**DATA IN THIS EXERCISE:**
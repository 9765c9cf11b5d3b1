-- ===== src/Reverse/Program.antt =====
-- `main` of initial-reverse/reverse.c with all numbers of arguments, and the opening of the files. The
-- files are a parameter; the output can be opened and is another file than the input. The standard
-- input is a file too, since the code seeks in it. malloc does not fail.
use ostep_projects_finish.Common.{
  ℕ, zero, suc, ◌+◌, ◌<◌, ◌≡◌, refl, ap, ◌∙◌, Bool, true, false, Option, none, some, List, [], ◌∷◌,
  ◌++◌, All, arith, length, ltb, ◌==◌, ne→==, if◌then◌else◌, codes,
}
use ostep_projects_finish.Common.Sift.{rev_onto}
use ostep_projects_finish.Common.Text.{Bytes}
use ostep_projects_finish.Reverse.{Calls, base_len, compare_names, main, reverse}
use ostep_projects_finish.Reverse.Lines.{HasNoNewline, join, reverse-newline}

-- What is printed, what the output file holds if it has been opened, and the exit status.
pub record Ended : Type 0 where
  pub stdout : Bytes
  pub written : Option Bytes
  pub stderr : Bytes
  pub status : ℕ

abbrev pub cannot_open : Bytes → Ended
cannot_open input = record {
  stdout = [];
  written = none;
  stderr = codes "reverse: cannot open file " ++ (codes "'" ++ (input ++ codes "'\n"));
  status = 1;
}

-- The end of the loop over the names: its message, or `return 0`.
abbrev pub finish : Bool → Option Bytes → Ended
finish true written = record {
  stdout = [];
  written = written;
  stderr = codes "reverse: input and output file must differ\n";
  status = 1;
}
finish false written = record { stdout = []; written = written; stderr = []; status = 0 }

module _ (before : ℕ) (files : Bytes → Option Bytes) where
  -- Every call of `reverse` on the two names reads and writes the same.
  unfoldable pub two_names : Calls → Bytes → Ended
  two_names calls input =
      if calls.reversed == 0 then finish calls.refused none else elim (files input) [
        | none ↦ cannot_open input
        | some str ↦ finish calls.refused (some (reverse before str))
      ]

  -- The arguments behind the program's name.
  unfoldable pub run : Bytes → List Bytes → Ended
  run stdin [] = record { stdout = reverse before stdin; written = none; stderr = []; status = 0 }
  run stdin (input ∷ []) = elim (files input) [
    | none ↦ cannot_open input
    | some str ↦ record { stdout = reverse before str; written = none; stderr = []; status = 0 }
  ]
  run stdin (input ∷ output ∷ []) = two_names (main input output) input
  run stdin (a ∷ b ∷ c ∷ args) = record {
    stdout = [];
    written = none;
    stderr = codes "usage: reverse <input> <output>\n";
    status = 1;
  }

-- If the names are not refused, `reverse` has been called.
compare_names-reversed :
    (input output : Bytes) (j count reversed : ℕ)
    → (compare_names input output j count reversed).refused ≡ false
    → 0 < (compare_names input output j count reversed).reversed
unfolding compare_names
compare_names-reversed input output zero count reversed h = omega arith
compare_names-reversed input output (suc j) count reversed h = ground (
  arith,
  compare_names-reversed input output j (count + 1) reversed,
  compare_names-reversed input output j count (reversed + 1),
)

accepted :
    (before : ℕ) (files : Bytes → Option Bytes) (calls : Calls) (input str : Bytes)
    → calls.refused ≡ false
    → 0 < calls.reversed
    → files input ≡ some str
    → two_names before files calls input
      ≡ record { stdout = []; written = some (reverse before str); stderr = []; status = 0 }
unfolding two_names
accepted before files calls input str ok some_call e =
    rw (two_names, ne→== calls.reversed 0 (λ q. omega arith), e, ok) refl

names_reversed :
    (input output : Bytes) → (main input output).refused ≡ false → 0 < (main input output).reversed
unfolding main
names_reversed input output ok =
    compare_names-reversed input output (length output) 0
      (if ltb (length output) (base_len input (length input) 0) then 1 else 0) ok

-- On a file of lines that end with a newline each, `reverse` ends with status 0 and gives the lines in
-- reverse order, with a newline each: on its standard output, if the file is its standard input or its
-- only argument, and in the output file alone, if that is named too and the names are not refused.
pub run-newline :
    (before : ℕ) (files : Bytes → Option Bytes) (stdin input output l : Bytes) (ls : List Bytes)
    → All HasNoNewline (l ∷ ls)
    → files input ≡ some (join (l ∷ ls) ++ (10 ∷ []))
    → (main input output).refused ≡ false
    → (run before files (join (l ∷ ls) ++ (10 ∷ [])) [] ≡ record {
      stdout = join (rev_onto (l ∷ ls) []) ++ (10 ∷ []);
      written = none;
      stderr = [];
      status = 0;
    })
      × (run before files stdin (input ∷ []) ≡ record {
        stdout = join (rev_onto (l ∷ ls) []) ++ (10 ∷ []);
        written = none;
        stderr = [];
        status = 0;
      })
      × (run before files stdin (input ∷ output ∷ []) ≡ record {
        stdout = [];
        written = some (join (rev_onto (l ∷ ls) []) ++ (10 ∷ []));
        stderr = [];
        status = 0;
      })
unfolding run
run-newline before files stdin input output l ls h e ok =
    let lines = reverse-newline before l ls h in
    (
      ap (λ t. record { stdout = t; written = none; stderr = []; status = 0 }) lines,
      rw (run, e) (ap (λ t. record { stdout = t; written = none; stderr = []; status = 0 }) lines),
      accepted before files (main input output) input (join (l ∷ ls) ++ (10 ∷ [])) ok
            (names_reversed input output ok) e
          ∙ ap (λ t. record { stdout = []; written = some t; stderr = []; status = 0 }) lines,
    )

**WHAT THIS TASK INVOLVES:**
Working from the entries above, filter out every line that lacks "zero" and copy what remains.

**EXERCISE SOLUTION:**
  ℕ, zero, suc, ◌+◌, ◌<◌, ◌≡◌, refl, ap, ◌∙◌, Bool, true, false, Option, none, some, List, [], ◌∷◌,
compare_names-reversed input output zero count reversed h = omega arith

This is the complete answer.